В спектакле выстроена, хотя не до конца выдержана речевая партитура. Павел Маркелов в первой же сцене подчеркивает своеобразное «актерство» своей речи, усиливая аллитерацию – Пр-р-рага, Метр- р-рполь… Он нарочито вне показываемых событий, он рассказчик. Игорь Рудаков, «изображая» Станиславского, произносит слова раскатистым, сытым басом, нарочито медлительно и отчетливо (мне показалось, что слышатся какие-то модуляции уже немолодого Табакова). В первом фрагменте у простоватой героини Валерии Павлюк вместе с попыткой говора слышны (или мне опять показалось?) интонации Дорониной. Делаными голосами говорят почти все, иногда переключаясь на свой собственный, «неактерский» голос. Это удается не всем. Сохраняет свою «идентичность» Алексей Елхимов, поскольку включен в спектакль как человек в большей степени вне театра. Вне театральности и актерства произнесен рассказ «Холодная осень» Мариной Кирилиной.

На мой взгляд, самой последовательной в спектакле стала работа Татьяны Михайловой, она живет в своей героине, передает ее странность и молчаливость, следует логике ее изменчивого характера. Ее голос, ее лицо и вживую, и на экране становятся эмоциональным камертоном спектакля.

Есть в спектакле и настоящее театральное волшебство. Это когда в середине спектакля Сергей Захаров просто постучал в дверь, просто взял стул и просто рассказал свою историю («В одной знакомой улице») парижского стареющего эмигранта, перед чьим внутренним взором все еще стоят Пресня, глухие снежные улицы и деревянный мещанский домик и слышится слабый звук колокольчика в сенцах.

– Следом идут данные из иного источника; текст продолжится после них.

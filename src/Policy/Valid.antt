-- ===== src/Policy/Valid.antt =====
-- What an accepted policy holds.
use pxc_anonymizer.Prelude.{
  String, ◌≡◌, ◌≢◌, refl, true, false, ◌||◌, ◌&&◌, none, List, [], ◌∷◌, ◌++◌, ◌==◌, ◌/=◌, map,
  text_eq, nat_eq, contains, All, arith, beq_refl, Bool-cases, inl, inr, ◌⊎◌, if◌then◌else◌,
}
use pxc_anonymizer.Errors.{Result, ok, err, refuse_if}
use pxc_anonymizer.Strategy.Params.{Parsers, or_else}
use pxc_anonymizer.Strategy.Compile.{Defaults, Column, compile}
use pxc_anonymizer.Strategy.Ready.{refuse_if_ok}
use pxc_anonymizer.Policy.{
  Step, ColumnRule, TablePolicy, DatabasePolicy, Spec, Patterns, no_defaults, validate_steps,
  validate_refs, and_then, checked, validate_columns, validate_table, validate_tables,
  validate_database, validate_databases, with_steps, validate, is_nonempty,
}

-- Names that are not empty, differ from each other and are none of those seen.
abbrev pub IsFresh : List String → List String → Type 0
IsFresh seen [] = Unit
IsFresh seen (n ∷ ns) = (n ≢ "") × (contains seen n ≡ false) × IsFresh (n ∷ seen) ns

unfoldable pub IsDistinct : List String → Type 0
IsDistinct [] = Unit
IsDistinct (n ∷ ns) = (n ≢ "") × All (λ m. m ≢ n) ns × IsDistinct ns

IsFresh-differs :
    (seen names : List String) (n : String)
    → contains seen n ≡ true
    → IsFresh seen names
    → All (λ m. m ≢ n) names
unfolding contains
IsFresh-differs seen [] n h f = tt
IsFresh-differs seen (m ∷ names) n h f =
    (λ e. ground (arith, e), IsFresh-differs (m ∷ seen) names n (ground arith) f.2)

IsFresh-IsDistinct : (seen names : List String) → IsFresh seen names → IsDistinct names
unfolding IsDistinct contains
IsFresh-IsDistinct seen [] f = tt
IsFresh-IsDistinct seen (n ∷ names) f = (
  f.0,
  IsFresh-differs (n ∷ seen) names n (ground (arith, beq_refl n)) f.2,
  IsFresh-IsDistinct (n ∷ seen) names f.2,
)

not_empty : (s : String) → (s == "") ≡ false → s ≢ ""
not_empty s h e = ground (arith, beq_refl s)

and_then_ok : (r q : Result (Unit {0})) → and_then r q ≡ ok tt → (r ≡ ok tt) × (q ≡ ok tt)
and_then_ok (ok u) q e = (refl, e)
and_then_ok (err x) q e = absurd (cc)

checked_ok : {A : Type 0} (r : Result A) → checked r ≡ ok tt → (a : A) × (r ≡ ok a)
checked_ok (ok a) e = (a, refl)
checked_ok (err x) e = absurd (cc)

steps-IsFresh :
    (seen : List String) (steps : List Step) (out : List String)
    → validate_steps seen steps ≡ ok out
    → IsFresh seen (map (λ (s : Step). s.name) steps)
      × ((n : String)
          → contains out n ≡ true
          → (contains seen n || contains (map (λ (s : Step). s.name) steps) n) ≡ true)
unfolding validate_steps contains
steps-IsFresh seen [] out e = (tt, λ n h. ground arith)
steps-IsFresh seen (s ∷ steps) out e =
    let (named, e1) = refuse_if_ok _ _ _ out e in
    let (fresh, e2) = refuse_if_ok _ _ _ out e1 in
    let (_, e3) = refuse_if_ok _ _ _ out e2 in
    let (_, e4) = refuse_if_ok _ _ _ out e3 in
    let (_, e5) = refuse_if_ok _ _ _ out e4 in
    let (rest, members) = steps-IsFresh (s.name ∷ seen) steps out e5 in
    ((not_empty s.name named, fresh, rest), λ n h. ground (arith, members n h))

abbrev pub step_names : List Step → List String
step_names steps = map (λ (s : Step). s.name) steps

refs-defined :
    (steps refs : List String)
    → validate_refs steps refs ≡ ok tt
    → All (λ r. contains steps r ≡ true) refs
unfolding validate_refs
refs-defined steps [] e = tt
refs-defined steps (r ∷ refs) e =
    let (known, rest) = refuse_if_ok _ _ _ tt e in (ground arith, refs-defined steps refs rest)

module _ (P : Parsers) (R : Patterns) (d : Defaults) where
  abbrev pub Compiles : ColumnRule → Type 0
  Compiles c = (column : Column) × (compile P c.rule d none ≡ ok column)

  -- A table to truncate has no columns; any other has some, all named apart, that all compile.
  unfoldable pub IsValidTable : TablePolicy → Type 0
  IsValidTable t =
      ((t.action ≡ "Truncate") × (t.columns ≡ []))
      ⊎ ((t.columns ≢ [])
          × IsDistinct (map (λ (c : ColumnRule). c.name) t.columns)
          × All Compiles t.columns)

  -- The tables are named apart and valid, and each reference names one of the steps.
  unfoldable pub IsValidDatabase : List Step → DatabasePolicy → Type 0
  IsValidDatabase steps b =
      IsDistinct (map (λ (t : TablePolicy). t.name) b.tables)
      × All IsValidTable b.tables
      × All (λ r. contains (step_names steps) r ≡ true) (b.pre ++ b.post)

  columns-IsFresh :
      (seen : List String) (columns : List ColumnRule)
      → validate_columns P R d seen columns ≡ ok tt
      → IsFresh seen (map (λ (c : ColumnRule). c.name) columns) × All Compiles columns
  unfolding validate_columns
  columns-IsFresh seen [] e = (tt, tt)
  columns-IsFresh seen (c ∷ columns) e =
      let (named, e1) = refuse_if_ok _ _ _ tt e in
      let (fresh, e2) = refuse_if_ok _ _ _ tt e1 in
      let (_, e3) = refuse_if_ok _ _ _ tt e2 in
      let (made, e4) = and_then_ok _ _ e3 in
      let rest = columns-IsFresh (c.name ∷ seen) columns e4 in
      ((not_empty c.name named, fresh, rest.0), (checked_ok _ made, rest.1))

  no_columns : (columns : List ColumnRule) → is_nonempty P R columns ≡ false → columns ≡ []
  no_columns [] h = refl
  no_columns (c ∷ columns) h = absurd (cc)

  some_columns :
      (columns : List ColumnRule)
      → (if is_nonempty P R columns then false else true) ≡ false
      → columns ≢ []
  some_columns [] h = absurd (cc)
  some_columns (c ∷ columns) h = λ e. cc

  table-IsValidTable : (t : TablePolicy) → validate_table P R d t ≡ ok tt → IsValidTable t
  unfolding validate_table IsValidTable
  table-IsValidTable t e =
      let (_, e1) = refuse_if_ok _ _ _ tt e in
      let (_, e2) = refuse_if_ok _ _ _ tt e1 in by_action (Bool-cases (t.action == "Truncate")) e2
    where
      by_action :
          ((t.action == "Truncate") ≡ true) ⊎ ((t.action == "Truncate") ≡ false)
          → (if t.action == "Truncate"
              then refuse_if
                  (is_nonempty P R t.columns)
                  "truncate action takes no column rules"
                  (ok tt)
              else refuse_if
                  ((t.action /= "") && (t.action /= "Anonymize"))
                  "table action must be Anonymize or Truncate"
                  (refuse_if
                    (if is_nonempty P R t.columns then false else true)
                    "anonymize action requires column rules"
                    (validate_columns P R d [] t.columns)))
            ≡ ok tt
          → ((t.action ≡ "Truncate") × (t.columns ≡ []))
            ⊎ ((t.columns ≢ [])
                × IsDistinct (map (λ (c : ColumnRule). c.name) t.columns)
                × All Compiles t.columns)
      by_action (inl truncated) e = inl (
        (text_eq.same_iff t.action "Truncate").0 truncated,
        no_columns t.columns (refuse_if_ok _ _ _ tt (rw truncated at e)).0,
      )
      by_action (inr other) e =
          let (_, e1) = refuse_if_ok _ _ _ tt (rw other at e) in
          let (there, e2) = refuse_if_ok _ _ _ tt e1 in
          let (fresh, made) = columns-IsFresh [] t.columns e2 in
          inr (some_columns t.columns there, IsFresh-IsDistinct [] _ fresh, made)

  tables-IsFresh :
      (seen : List String) (tables : List TablePolicy)
      → validate_tables P R d seen tables ≡ ok tt
      → IsFresh seen (map (λ (t : TablePolicy). t.name) tables) × All IsValidTable tables
  unfolding validate_tables
  tables-IsFresh seen [] e = (tt, tt)
  tables-IsFresh seen (t ∷ tables) e =
      let (named, e1) = refuse_if_ok _ _ _ tt e in
      let (fresh, e2) = refuse_if_ok _ _ _ tt e1 in
      let (made, e3) = and_then_ok _ _ e2 in
      let rest = tables-IsFresh (t.name ∷ seen) tables e3 in
      ((not_empty t.name named, fresh, rest.0), (table-IsValidTable t made, rest.1))

  defined_among :
      (out refs : List String) (steps : List Step)
      → ((n : String) → contains out n ≡ true → contains (step_names steps) n ≡ true)
      → All (λ r. contains out r ≡ true) refs
      → All (λ r. contains (step_names steps) r ≡ true) refs
  defined_among out [] steps h a = tt
  defined_among out (r ∷ refs) steps h a = (h r a.0, defined_among out refs steps h a.1)

  databases-IsValidDatabase :
      (out : List String) (steps : List Step) (databases : List DatabasePolicy)
      → ((n : String) → contains out n ≡ true → contains (step_names steps) n ≡ true)
      → validate_databases P R d out databases ≡ ok tt
      → All (IsValidDatabase steps) databases
  unfolding validate_databases validate_database IsValidDatabase
  databases-IsValidDatabase out steps [] h e = tt
  databases-IsValidDatabase out steps (b ∷ databases) h e =
      let (one, rest) = and_then_ok _ _ e in
      let (_, e1) = refuse_if_ok _ _ _ tt one in
      let (_, e2) = refuse_if_ok _ _ _ tt e1 in
      let (refs, tables) = and_then_ok _ _ e2 in
      let (fresh, valid) = tables-IsFresh [] b.tables tables in
      (
        (
          IsFresh-IsDistinct [] _ fresh,
          valid,
          defined_among out (b.pre ++ b.post) steps h (refs-defined out (b.pre ++ b.post) refs),
        ),
        databases-IsValidDatabase out steps databases h rest,
      )

-- An accepted policy has its steps named apart and not empty, and every database of it is valid: its
-- tables are named apart, each of its references names a step of the policy, and each table is
-- either truncated and without columns or has columns, named apart, whose rules all compile.
pub validate-IsValidDatabase :
    (P : Parsers) (R : Patterns) (s : Spec)
    → validate P R s ≡ ok tt
    → IsDistinct (step_names s.steps)
      × All (IsValidDatabase P R (or_else no_defaults s.defaults) s.steps) s.databases
unfolding validate contains
validate-IsValidDatabase P R s e =
    let (_, e1) = refuse_if_ok _ _ _ tt e in
    let (_, e2) = refuse_if_ok _ _ _ tt e1 in
    let (_, e3) = refuse_if_ok _ _ _ tt e2 in
    let (_, e4) = refuse_if_ok _ _ _ tt e3 in by_steps (validate_steps [] s.steps) refl e4
  where
    by_steps :
        (r : Result (List String))
        → validate_steps [] s.steps ≡ r
        → with_steps P R (or_else no_defaults s.defaults) s.databases r ≡ ok tt
        → IsDistinct (step_names s.steps)
          × All (IsValidDatabase P R (or_else no_defaults s.defaults) s.steps) s.databases
    by_steps (err x) q e = absurd (cc)
    by_steps (ok out) q e =
        let (fresh, members) = steps-IsFresh [] s.steps out q in
        (
          IsFresh-IsDistinct [] _ fresh,
          databases-IsValidDatabase P R (or_else no_defaults s.defaults) out s.steps s.databases
              members e,
        )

Удивил финал. После последних слов из «Чистого понедельника» и лица актрисы в раме белого платка с экрана, вдруг начинается чтение другого рассказа – о судьбе женщины, всю жизнь ждущей своего юного убитого на войне жениха. Но и это не становится финалом. Гром, шум, тарарам, грозная музыка, световые вспышки, звуки пулемета и тени актеров, трясущиеся как марионетки (очевидно, перед расстрелом). Да, чуть не забыла! Музыкальным лейтмотивом становится Yesterday, исполняемая вполголоса Станиславским и Немировичем под собственный аккомпанемент гитары и контрабаса. Это, очевидно, должно означать тему прошлого, воспоминаний, заложенную в первом рассказе цикла Бунина «Темные аллеи».

Я посмотрела в разных источниках рекламные тексты о спектакле. Там написано примерно следующее: режиссер исследует темные аллеи человеческой души, истоки греховности, которые и привели к катастрофе.

Бунин был человек нелицеприятный и жесткий, особенно в своем творчестве, довольно хорошо понимал дурные стороны жизни, предчувствовал и очень переживал катастрофу – революцию и все, что с ней было связано, но мысль о том, что плотский грех, усилившийся в начале века, и вызвал Первую мировую войну, – это мелко. Зрелище, так сложно сконструированное на сцене, Бунин в свое время выразил в двух страницах гениального и страшного рассказа 1916 года «Старуха». А «Темные аллеи» – не о грехе.

• • •

Хорошо сказано в одной старинной книге: «сочинитель имеет такое же полное право быть смелым в своих словесных изображениях любви и лиц ее, каковое во все времена предоставлено было в этом случае живописцам и ваятелям: только подлые души видят подлое даже в прекрасном и ужасном».

И. Бунин, «Генрих»

 

Ольга Журчева, «Свежая газета. Культура», октябрь 2021 г.